A number 0,1 that indicates the quantile above which features should be removed based on insertion counts prior

excludeChr

A string of chromosomes to exclude for iterativeLSI procedure. to the first iteration of the iterative LSI paradigm. For example, if filterQuantile = 0.99, any features above the 99th percentile in insertion counts will be ignored for the first LSI iteration.

saveIterations

A boolean value indicating whether the results of each LSI iterations should be saved as compressed .rds files in the designated outDir.

UMAPParams

The list of parameters to pass to the UMAP function if "UMAP" if saveIterations=TRUE. See the function uwot::umap().

nPlot

If saveIterations=TRUE, how many cells to sample make a UMAP and plot for each iteration.

outDir

The output directory for saving LSI iterations if desired.
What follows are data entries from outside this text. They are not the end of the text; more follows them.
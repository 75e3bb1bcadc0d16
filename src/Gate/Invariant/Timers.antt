-- ===== src/Gate/Invariant/Timers.antt =====
-- The periodic checks keep the invariant.
use test_go_server.Prelude.{
  ℕ, ◌≡◌, refl, Option, none, some, ◌==◌, arith, inl, inr, List, [], ◌∷◌, lookup, delete,
  lookup-delete, Option-cases, Bool-cases,
}
use test_go_server.Gate.State.{Session, Gate, Stats, put_session}
use test_go_server.Gate.Sessions.{get, gc_one, gc_loop, gc, is_expired, snapshot}
use test_go_server.Gate.Timers.{
  on_heartbeat, is_idle, count_heartbeat_timeout, heartbeat_loop, check_heartbeat, is_auth_late,
  count_login_timeout, authing_loop, check_authing_timeout, gc_tick, mark_alive_opt,
}
use test_go_server.Gate.Invariant.Defs.{
  Good, Inv, Same, Same-refl, Inv-Same, Inv-put, Inv-if, Good-conns, SameConns, SameConns-refl,
  SameConns-trans, SameConns-if, sessions-SameConns, Same-conns,
}
use test_go_server.Gate.Invariant.Frames.{mark_alive-Same, reply-Same}
use test_go_server.Gate.Invariant.Offline.{
  on_session_offline-Inv, Good-Same, Good-self, on_session_offline-SameConns,
}

-- Counters and the player index are no part of the invariant.
pub stats-Same : (g : Gate) (n : Stats) → Same g (record g { stats = n })
stats-Same g n = record { sessions = refl; ids = λ c. refl; limit = refl; next = refl }

Good-seen :
    (g : Gate) (k now : ℕ) (s : Session) → Good g k s → Good g k (record s { last_seen = now })
Good-seen g k now s v = record {
  keyed = v.keyed;
  named = v.named;
  begun = v.begun;
  kept = v.kept;
  unplugged = v.unplugged;
  plugged = v.plugged;
  bound = v.bound;
}

pub mark_alive_opt-Same : (o : Option ℕ) (now : ℕ) (g : Gate) → Same g (mark_alive_opt o now g)
unfolding mark_alive_opt
mark_alive_opt-Same none now g = Same-refl g
mark_alive_opt-Same (some c) now g = mark_alive-Same c now g

pub on_heartbeat-Inv : (now id : ℕ) (g : Gate) → Inv g → Inv (on_heartbeat now id g)
unfolding on_heartbeat
on_heartbeat-Inv now id g v = elim (Option-cases (get id g)) [
  | inl e ↦ rw (e, on_heartbeat) v
  | inr (s, e) ↦
      let good = v.good id s (unfold get in e) in
      let put =
        Inv-put g (record s { last_seen = now }) v (Good-seen g s.id now s (Good-self s good)) in
      rw (e, on_heartbeat)
        (Inv-Same (reply-Same id _ _ _) (Inv-Same (mark_alive_opt-Same s.conn now _) put))
]

heartbeat_loop-Inv : (now : ℕ) (ids : List ℕ) (g : Gate) → Inv g → Inv (heartbeat_loop now ids g)
unfolding heartbeat_loop
heartbeat_loop-Inv now [] g v = v
heartbeat_loop-Inv now (id ∷ ids) g v = elim (Option-cases (get id g)) [
  | inl e ↦ rw (e, heartbeat_loop) (heartbeat_loop-Inv now ids g v)
  | inr (s, e) ↦
      let counted = stats-Same g _ in
      let off =
        on_session_offline-Inv now id s (count_heartbeat_timeout g) (Inv-Same counted v)
          (Good-Same id s counted (v.good id s (unfold get in e))) in
      rw (e, heartbeat_loop) (heartbeat_loop-Inv now ids _ (Inv-if (is_idle now g s) off v))
]

pub check_heartbeat-Inv : (now : ℕ) (g : Gate) → Inv g → Inv (check_heartbeat now g)
unfolding check_heartbeat
check_heartbeat-Inv now g v =
    Inv-if (g.config.heartbeat_timeout == 0) v (heartbeat_loop-Inv now (snapshot g) g v)

authing_loop-Inv : (now : ℕ) (ids : List ℕ) (g : Gate) → Inv g → Inv (authing_loop now ids g)
unfolding authing_loop
authing_loop-Inv now [] g v = v
authing_loop-Inv now (id ∷ ids) g v = elim (Option-cases (get id g)) [
  | inl e ↦ rw (e, authing_loop) (authing_loop-Inv now ids g v)
  | inr (s, e) ↦
      let counted = stats-Same g _ in
      let off =
        on_session_offline-Inv now id s (count_login_timeout g) (Inv-Same counted v)
          (Good-Same id s counted (v.good id s (unfold get in e))) in
      rw (e, authing_loop) (authing_loop-Inv now ids _ (Inv-if (is_auth_late now g s) off v))
]

-- Dropping a session and touching the player index.
Inv-delete :
    (g : Gate) (id : ℕ) (m : List (ℕ × ℕ))
    → Inv g
    → Inv (record g { by_player = m; by_session = delete id g.by_session })
Inv-delete g id m v = record {
  good = λ k s e.
      let old : lookup k g.by_session ≡ some s = ground (arith, lookup-delete id k g.by_session) in
      Good-conns g (record g { by_player = m; by_session = delete id g.by_session }) k s
        (λ c _. refl) (omega arith) (v.good k s old);
}

gc_one-Inv :
    (now timeout id : ℕ) (r : Gate × List Session) → Inv r.0 → Inv (gc_one now timeout id r).0
unfolding gc_one
gc_one-Inv now timeout id (g, removed) v = elim (Option-cases (lookup id g.by_session)) [
  | inl e ↦ rw (e, gc_one) v
  | inr (s, e) ↦ elim (Bool-cases (is_expired now timeout s)) [
    | inl old ↦ rw (e, gc_one) (rw old (Inv-delete g id _ v))
    | inr young ↦ rw (e, gc_one) (rw young v)
  ]
]

gc_loop-Inv :
    (now timeout : ℕ) (es : List ℕ) (r : Gate × List Session)
    → Inv r.0
    → Inv (gc_loop now timeout es r).0
unfolding gc_loop
gc_loop-Inv now timeout [] r v = v
gc_loop-Inv now timeout (e ∷ es) r v = gc_loop-Inv now timeout es _ (gc_one-Inv now timeout e r v)

pub gc_tick-Inv : (now : ℕ) (g : Gate) → Inv g → Inv (gc_tick now g)
unfolding gc_tick gc check_authing_timeout
gc_tick-Inv now g v =
    let h = check_authing_timeout now g in
    gc_loop-Inv now g.config.heartbeat_timeout (snapshot h) (h, [])
      (authing_loop-Inv now (snapshot g) g v)

heartbeat_loop-SameConns :
    (now : ℕ) (ids : List ℕ) (g : Gate) → SameConns g (heartbeat_loop now ids g)
unfolding heartbeat_loop
heartbeat_loop-SameConns now [] g = SameConns-refl g
heartbeat_loop-SameConns now (id ∷ ids) g = elim (Option-cases (get id g)) [
  | inl e ↦ rw (e, heartbeat_loop) (heartbeat_loop-SameConns now ids g)
  | inr (s, e) ↦
      let off =
        SameConns-trans (Same-conns (stats-Same g _))
          (on_session_offline-SameConns now s (count_heartbeat_timeout g)) in
      rw (e, heartbeat_loop)
        (SameConns-trans (SameConns-if (is_idle now g s) off (SameConns-refl g))
          (heartbeat_loop-SameConns now ids _))
]

pub check_heartbeat-SameConns : (now : ℕ) (g : Gate) → SameConns g (check_heartbeat now g)
unfolding check_heartbeat
check_heartbeat-SameConns now g =
    SameConns-if (g.config.heartbeat_timeout == 0) (SameConns-refl g)
      (heartbeat_loop-SameConns now (snapshot g) g)

authing_loop-SameConns : (now : ℕ) (ids : List ℕ) (g : Gate) → SameConns g (authing_loop now ids g)
unfolding authing_loop
authing_loop-SameConns now [] g = SameConns-refl g
authing_loop-SameConns now (id ∷ ids) g = elim (Option-cases (get id g)) [
  | inl e ↦ rw (e, authing_loop) (authing_loop-SameConns now ids g)
  | inr (s, e) ↦
      let off =
        SameConns-trans (Same-conns (stats-Same g _))
          (on_session_offline-SameConns now s (count_login_timeout g)) in
      rw (e, authing_loop)
        (SameConns-trans (SameConns-if (is_auth_late now g s) off (SameConns-refl g))
          (authing_loop-SameConns now ids _))
]

gc_one-SameConns :
    (now timeout id : ℕ) (r : Gate × List Session) → SameConns r.0 (gc_one now timeout id r).0
unfolding gc_one
gc_one-SameConns now timeout id (g, removed) = elim (Option-cases (lookup id g.by_session)) [
  | inl e ↦ rw (e, gc_one) (SameConns-refl g)
  | inr (s, e) ↦ elim (Bool-cases (is_expired now timeout s)) [
    | inl old ↦ rw (e, gc_one) (rw old (sessions-SameConns g _ _))
    | inr young ↦ rw (e, gc_one) (rw young (SameConns-refl g))
  ]
]

gc_loop-SameConns :
    (now timeout : ℕ) (es : List ℕ) (r : Gate × List Session)
    → SameConns r.0 (gc_loop now timeout es r).0
unfolding gc_loop
gc_loop-SameConns now timeout [] r = SameConns-refl r.0
gc_loop-SameConns now timeout (e ∷ es) r =
    SameConns-trans (gc_one-SameConns now timeout e r)
      (gc_loop-SameConns now timeout es (gc_one now timeout e r))

pub gc_tick-SameConns : (now : ℕ) (g : Gate) → SameConns g (gc_tick now g)
unfolding gc_tick gc check_authing_timeout
gc_tick-SameConns now g =
    let h = check_authing_timeout now g in
    SameConns-trans (authing_loop-SameConns now (snapshot g) g)
      (gc_loop-SameConns now g.config.heartbeat_timeout (snapshot h) (h, []))

pub on_heartbeat-SameConns : (now id : ℕ) (g : Gate) → SameConns g (on_heartbeat now id g)
unfolding on_heartbeat
on_heartbeat-SameConns now id g = elim (Option-cases (get id g)) [
  | inl e ↦ rw (e, on_heartbeat) (SameConns-refl g)
  | inr (s, e) ↦
      rw (e, on_heartbeat)
        (SameConns-trans
          (SameConns-trans (sessions-SameConns g _ _) (
            Same-conns
              (mark_alive_opt-Same s.conn now (put_session (record s { last_seen = now }) g))))
          (Same-conns (reply-Same id _ _ _)))
]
Default is in the outputDirectory of the ArchRProject.

threads

The number of threads to be used for parallel computing.

seed

A number to be used as the seed for random number generation. It is recommended to keep track of the seed used so that you can reproduce results downstream.

verbose

A boolean value that determines whether standard output includes verbose sections.

force

A boolean value that indicates whether or not to overwrite relevant data in the ArchRProject object.

logFile

The path to a file to be used for logging ArchR output.